For us now as the schools are unable to come to us, this way we do it in the class and then we tease them to come and complete their whole art lessons in the Museum in their family situation. The children are really proud, and you get the families to visit, who may not have normally visited.  

Marie-Hélène Lemaire, PHI Foundation:

We have a similar situation and we developed a family kit, with six works of art, which were explored along with 6 activities. For schools they can use the online presentations, PowerPoint for the images, so that this can be facilitated in the classroom. We also send the printed copies along with flyers, encouraging them to visit and to complete the experience. This works really well.

Laura Zocco, Pirelli HangarBicocca:

The same problem is in Italy, schools are unable to visit. Our approach is about the dialogue, and to be in the museum, to experience the space, so we had to change everything. 

Susanna Gomes da Silva, Calouste Gulbenkian Museum: 

We started lockdown with workshops for families, because so many live activities were suspended, especially around Easter. We turned these activities into challenges that the families could do at home. 

One project which was already live at the beginning of the lock-down, was a Coding Programming – open call from 18-24-year-olds, a private group working on; What is programming? What would your role be as a programmer and what would you propose.

The group all saw this as an intervention tool in society. They were going to run a weekend event with concerts etc. They chose the artists carefully, each had very meaningful topics to share. So instead the project was taken online and we divided them into three groups. If you can no longer go to the Street, what is the new Public Space. They chose roundtables, they then chose the theme and ran the session. They invited their friends, it was really meaningful, COVID just made it more urgent.

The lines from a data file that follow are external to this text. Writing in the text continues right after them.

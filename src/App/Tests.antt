-- ===== src/App/Tests.antt =====
-- The theorems on the commands of cmd/p2papp/main.go, at a concrete data directory.
use p2papp.Prelude.{ℕ, ◌≡◌, refl, true, some, List, [], ◌∷◌, codes, All, inr, arith}
use p2papp.Assoc
use p2papp.File.{done, write_file, has_file}
use p2papp.Path
use p2papp.Path.Joining.{IsPlain, root_path}
use p2papp.Storage.{Env}
use p2papp.Transfer.{request_chunk}
use p2papp.Transfer.Serving
use p2papp.Transfer.Serving.{serving}
use p2papp.Wallet.{save, write_bytes, wallet_bytes, read_wallet, create, generated, new_wallet}
use p2papp.Wallet.Samples.{crypto, wallet, files-IsLawful, wallet-IsConsistent}
use p2papp.Wire.Samples.{env, codec, codec-IsLawful}
use p2papp.App.{wallet_path, wallet_create, save_created, wallet_show, created}
use p2papp.App.Sizes.{IsScaled, format_bytes_lem}
use p2papp.App.Wallets.{wallet_show-wallet_create}
use p2papp.App.Exposure.{service, stolen, request_chunk-save}

format_bytes_lem_example : IsScaled 1048576
format_bytes_lem_example = format_bytes_lem 1048576 (omega arith) (omega arith)

wallet_show-wallet_create_example :
    wallet_show crypto
      (codes "/data")
      (wallet_create crypto (codes "/data") [] (some (7, 7)) true done []).0
    ≡ inr (7 ∷ [])
unfolding wallet_create save_created create generated new_wallet save write_bytes wallet_bytes
    write_file has_file Assoc.get
wallet_show-wallet_create_example =
    wallet_show-wallet_create crypto files-IsLawful (codes "/data") 7 true done [] []
      (created (7 ∷ [])) refl

-- The directory `/data`, and an environment with the program's own paths.
abbrev unix : Env
unix = record env { join = Path.join }

unix-IsLawful : Serving.IsLawful codec unix
unix-IsLawful = record {
  unmarshal_request-marshal_request = codec-IsLawful.unmarshal_request-marshal_request;
  unmarshal_response-marshal_response = codec-IsLawful.unmarshal_response-marshal_response;
  unmarshal-marshal_metadata = codec-IsLawful.unmarshal-marshal_metadata;
  request_line = codec-IsLawful.request_line;
  response_line = codec-IsLawful.response_line;
}

data-IsPlain : All IsPlain (codes "data" ∷ [])
data-IsPlain = ((ground (arith), (λ e. ground arith), (λ e. ground arith), (λ e. ground arith)), tt)

request_chunk-save_example :
    (b : List ℕ) × (request_chunk codec
        (serving codec unix unix-IsLawful
          (service unix (λ a b. refl) (codes "me") true (codes "data") [] data-IsPlain).storage
          (save crypto true done (some wallet) (wallet_path (root_path (codes "data" ∷ []))) []).0)
        stolen
      ≡ inr b)
    × (read_wallet crypto (some b) ≡ inr wallet)
unfolding save write_bytes wallet_bytes write_file
request_chunk-save_example =
    request_chunk-save unix (λ a b. refl) (codes "me") true (codes "data") [] data-IsPlain codec
      unix-IsLawful crypto files-IsLawful wallet true done [] wallet-IsConsistent refl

It became apparent that we are not able to produce programmes for youngsters, instead you need to have youngsters tell you and programme with you to get it right. This is now going to be the new way of working for us. 

Claire Feeley, Jupiter Artland:

We agree and have a similar situation. Without the young people to guide us, it felt like we were in an echo chamber. The uptake at the beginning of lockdown was great, but after a month, we realised we need to get the onsite ready. 

Jupiter is open, as an outdoor gallery. Scotland has provided clear guidelines, so under 12’s are actively encouraged to have person to person learning. 

The first full class is coming this week. It will be Teachers leading themselves looking after the group as a ‘class bubble’. We are going to take small steps.

Eva Verity and Jill Henderson, Esker:

At the beginning of lockdown they had the worst possible situation, a kinetic exhibition that you needed to be touched and engaged with, so that visitors could have the experience of having them move. They created new audio material as well as a documentary on the artist, which they showed in the gallery, when they reopened, which was really complicated including organising staff to activate the sculptures for the visitors. Now they are looking at “What does the lack of touch mean. If touch is sensored,  a lot of re-thinking is therefore happening around the world.”

Giovanna Amadasi and Laura Zocco, Pirelli HangarBicocca:

We are now working a lot with artists on the educational programme and we realised that when we switched to the digital, artists especially performance artists were very helpful in leading reflection in how to use your body and how to relate to young children and the public. So, we are trying to use this situation as a means of reflection.

We are trying to use this experience with an Italian performative artist (name?) She uses the body and she makes people use their bodies through the computer. We saw that as a type of exercise that is useful when you can’t touch. 

We are trying to organise training for teachers about this kind of experience. If they have to use the screen again in the future they will have more skills to evolve and engage the students even if they are not together in person. We will let you know if it happens.